*Exercise:* Go through the data and say how many lines include the string "double"; return only the figure.

START The records

-- ===== src/Security/Validation/Accepted.antt =====
-- Which security sections are accepted.
use velm.Base.{
  Bool, true, false, not, ◌&&◌, ◌||◌, ◌≡◌, refl, ◌∙◌, arith, Option, none, some, ok, err, ◌>>◌,
  List, [], ◌∷◌, Text, txt, ◌==◌, is_some, eq_iff,
}
use velm.Runtime.{GoRuntime}
use velm.Security.Model.{Rule, member}
use velm.Security.Shadowing.{find_shadowed}
use velm.App.EntryPoints.{is_reserved_role_name}
use velm.Security.Validation.{
  Problem, unknown_role, unnamed_rule, duplicate_rule, rule_without_role, rule_unknown_role,
  wrong_operation, wrong_effect, wrong_table, field_of_delete, unknown_field, invalid_condition,
  Checked, refuse_if, validate_identifier_roles, is_operation, is_effect, is_allowed_field,
  is_expression, validate_rule, validate_rules, check_shadowing, validate_security,
}

abbrev pub all_pass {ℓ} : {A : Type ℓ} → (A → Bool) → List A → Bool
all_pass p [] = true
all_pass p (x ∷ xs) = p x && all_pass p xs

abbrev pub names_of : List Rule → List Text
names_of [] = []
names_of (r ∷ rules) = r.name ∷ names_of rules

abbrev pub all_distinct : List Text → Bool
all_distinct [] = true
all_distinct (x ∷ xs) = not (member x xs) && all_distinct xs

abbrev pub is_ok : Checked → Bool
is_ok (ok x) = true
is_ok (err e) = false

is_ok->> : (r s : Checked) → is_ok (r >> s) ≡ (is_ok r && is_ok s)
is_ok->> (ok x) s = refl
is_ok->> (err e) s = refl

is_ok-refuse_if : (b : Bool) (p : Problem) → is_ok (refuse_if b p) ≡ not b
is_ok-refuse_if true p = refl
is_ok-refuse_if false p = refl

-- A role that the app declares, or the one that the runtime reserves.
abbrev pub is_known_role : List Text → Text → Bool
is_known_role role_set role = is_reserved_role_name role || member role role_set

roles_accepted :
    (role_set roles : List Text)
    → is_ok (validate_identifier_roles role_set roles) ≡ all_pass (is_known_role role_set) roles
unfolding validate_identifier_roles
roles_accepted role_set [] = refl
roles_accepted role_set (role ∷ roles) =
    is_ok->>
      (refuse_if (not (is_reserved_role_name role) && not (member role role_set))
        (unknown_role role))
      _
    ∙ (rw
        (
          is_ok-refuse_if (not (is_reserved_role_name role) && not (member role role_set))
              (unknown_role role),
          roles_accepted role_set roles,
        )
        (de_morgan (is_reserved_role_name role) (member role role_set) _))
  where
    de_morgan : (a b c : Bool) → (not (not a && not b) && c) ≡ ((a || b) && c)
    de_morgan a b c = ground arith

module _ (go : GoRuntime) (role_set : List Text) (expected_table : Text)
    (allowed_fields : Option (List Text)) where
  -- A rule that is sound by itself: it has a name, a role of the app, an operation and an effect; it
  -- names no other table, no field of a deletion, no unknown field; its condition can be read.
  abbrev pub is_sound : Rule → Bool
  is_sound r =
      not (r.name == [])
      && member r.role role_set
      && not (r.role == [])
      && is_operation r.operation
      && is_effect r.effect
      && (expected_table == [] || r.table == [] || r.table == expected_table)
      && (not (r.operation == txt "D") || r.field == [])
      && (r.field == [] || is_allowed_field allowed_fields r.field)
      && (r.condition == [] || is_expression go r.condition)

  rule_accepted :
      (seen : List Text) (r : Rule)
      → is_ok (validate_rule go role_set expected_table allowed_fields seen r)
        ≡ (is_sound r && not (member r.name seen))
  unfolding validate_rule
  rule_accepted seen r =
      accepts _ _
        (accepts _ _
          (accepts _ _
            (accepts _ _
              (accepts _ _
                (accepts _ _
                  (accepts _ _
                    (accepts _ _
                      (accepts _ _ (is_ok-refuse_if (r.name == []) unnamed_rule)
                        (duplicate_rule r.name) refl)
                      (rule_without_role r.name) refl)
                    (rule_unknown_role r.name r.role) (double (member r.role role_set)))
                  (wrong_operation r.name) (double (is_operation r.operation)))
                (wrong_effect r.name) (double (is_effect r.effect)))
              (wrong_table r.name r.table)
              (none_of (expected_table == []) (r.table == []) (r.table == expected_table)))
            (field_of_delete r.name) (unless (r.operation == txt "D") (r.field == [])))
          (unknown_field r.name r.field)
          (either (r.field == []) (is_allowed_field allowed_fields r.field)))
        (invalid_condition r.name) (either (r.condition == []) (is_expression go r.condition))
      ∙ second_last (not (r.name == [])) (not (member r.name seen)) _ _ _ _ _ _ _ _
    where
      accepts :
          (b : Bool) (c : Checked) {x y : Bool}
          → is_ok c ≡ x
          → (p : Problem) → not b ≡ y
          → is_ok (c >> refuse_if b p) ≡ (x && y)
      accepts b c {x} {y} h p k = is_ok->> c (refuse_if b p) ∙ rw (h, is_ok-refuse_if b p, k) refl

      double : (a : Bool) → not (not a) ≡ a
      double a = ground arith

      either : (a b : Bool) → not (not a && not b) ≡ (a || b)
      either a b = ground arith

      unless : (a b : Bool) → not (a && not b) ≡ (not a || b)
      unless a b = ground arith

      none_of : (a b c : Bool) → not (not a && not b && not c) ≡ (a || b || c)
      none_of a b c = ground arith

      second_last :
          (named fresh a b c d e f g h : Bool)
          → (named && fresh && a && b && c && d && e && f && g && h)
            ≡ ((named && b && a && c && d && e && f && g && h) && fresh)
      second_last named fresh a b c d e f g h = ground arith

  not_seen : List Text → List Rule → Bool
  not_seen seen rules = all_pass (λ r. not (member r.name seen)) rules

  not_seen-cons :
      (name : Text) (seen : List Text) (rules : List Rule)
      → not_seen (name ∷ seen) rules ≡ (not (member name (names_of rules)) && not_seen seen rules)
  unfolding member not_seen
  not_seen-cons name seen [] = refl
  not_seen-cons name seen (r ∷ rules) =
      rw (not_seen-cons name seen rules) (ground (arith, eq_iff name r.name, eq_iff r.name name))

  nothing_seen : (rules : List Rule) → not_seen [] rules ≡ true
  unfolding not_seen member
  nothing_seen [] = refl
  nothing_seen (r ∷ rules) = nothing_seen rules

  rules_accepted :
      (seen : List Text) (rules : List Rule)
      → is_ok (validate_rules go role_set expected_table allowed_fields seen rules)
        ≡ (all_pass is_sound rules && all_distinct (names_of rules) && not_seen seen rules)
  unfolding validate_rules not_seen
  rules_accepted seen [] = refl
  rules_accepted seen (r ∷ rules) =
      is_ok->> (validate_rule go role_set expected_table allowed_fields seen r) _
      ∙ (rw
          (
            rule_accepted seen r,
            rules_accepted (r.name ∷ seen) rules,
            not_seen-cons r.name seen rules,
          )
          (regroup (is_sound r) (not (member r.name seen)) _ _ _ _))
    where
      regroup :
          (a b c d e f : Bool)
          → ((a && b) && (c && d && (e && f))) ≡ ((a && c) && (e && d) && (b && f))
      regroup a b c d e f = ground arith

  -- A definition's security section is accepted if and only if its roles are known, each of its rules is
  -- sound, no name stands twice among the rules, and none of the rules is shadowed by one before it.
  pub validate_security_iff :
      (roles : List Text) (rules : List Rule)
      → is_ok (validate_security go role_set expected_table allowed_fields roles rules) ≡ (
          all_pass (is_known_role role_set) roles
          && (all_pass is_sound rules && all_distinct (names_of rules))
          && not (is_some (find_shadowed expected_table rules)))
  unfolding validate_security
  validate_security_iff roles rules =
      is_ok->>
        (validate_identifier_roles role_set roles
          >> validate_rules go role_set expected_table allowed_fields [] rules)
        (check_shadowing go role_set expected_table allowed_fields
          (find_shadowed expected_table rules))
      ∙ (rw
          (
            is_ok->> (validate_identifier_roles role_set roles)
                (validate_rules go role_set expected_table allowed_fields [] rules),
            roles_accepted role_set roles,
            rules_accepted [] rules,
            nothing_seen rules,
          )
          (in_order _ (all_pass is_sound rules) (all_distinct (names_of rules)) _ _
            (unshadowed (find_shadowed expected_table rules))))
    where
      unshadowed :
          (o : Option (Rule × Rule))
          → is_ok (check_shadowing go role_set expected_table allowed_fields o) ≡ not (is_some o)
      unshadowed none = refl
      unshadowed (some pair) = refl

      in_order : (a b c d e : Bool) → d ≡ e → ((a && (b && c && true)) && d) ≡ (a && (b && c) && e)
      in_order a b c d e h = rw h (ground arith)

END The records

*Answer box:* 5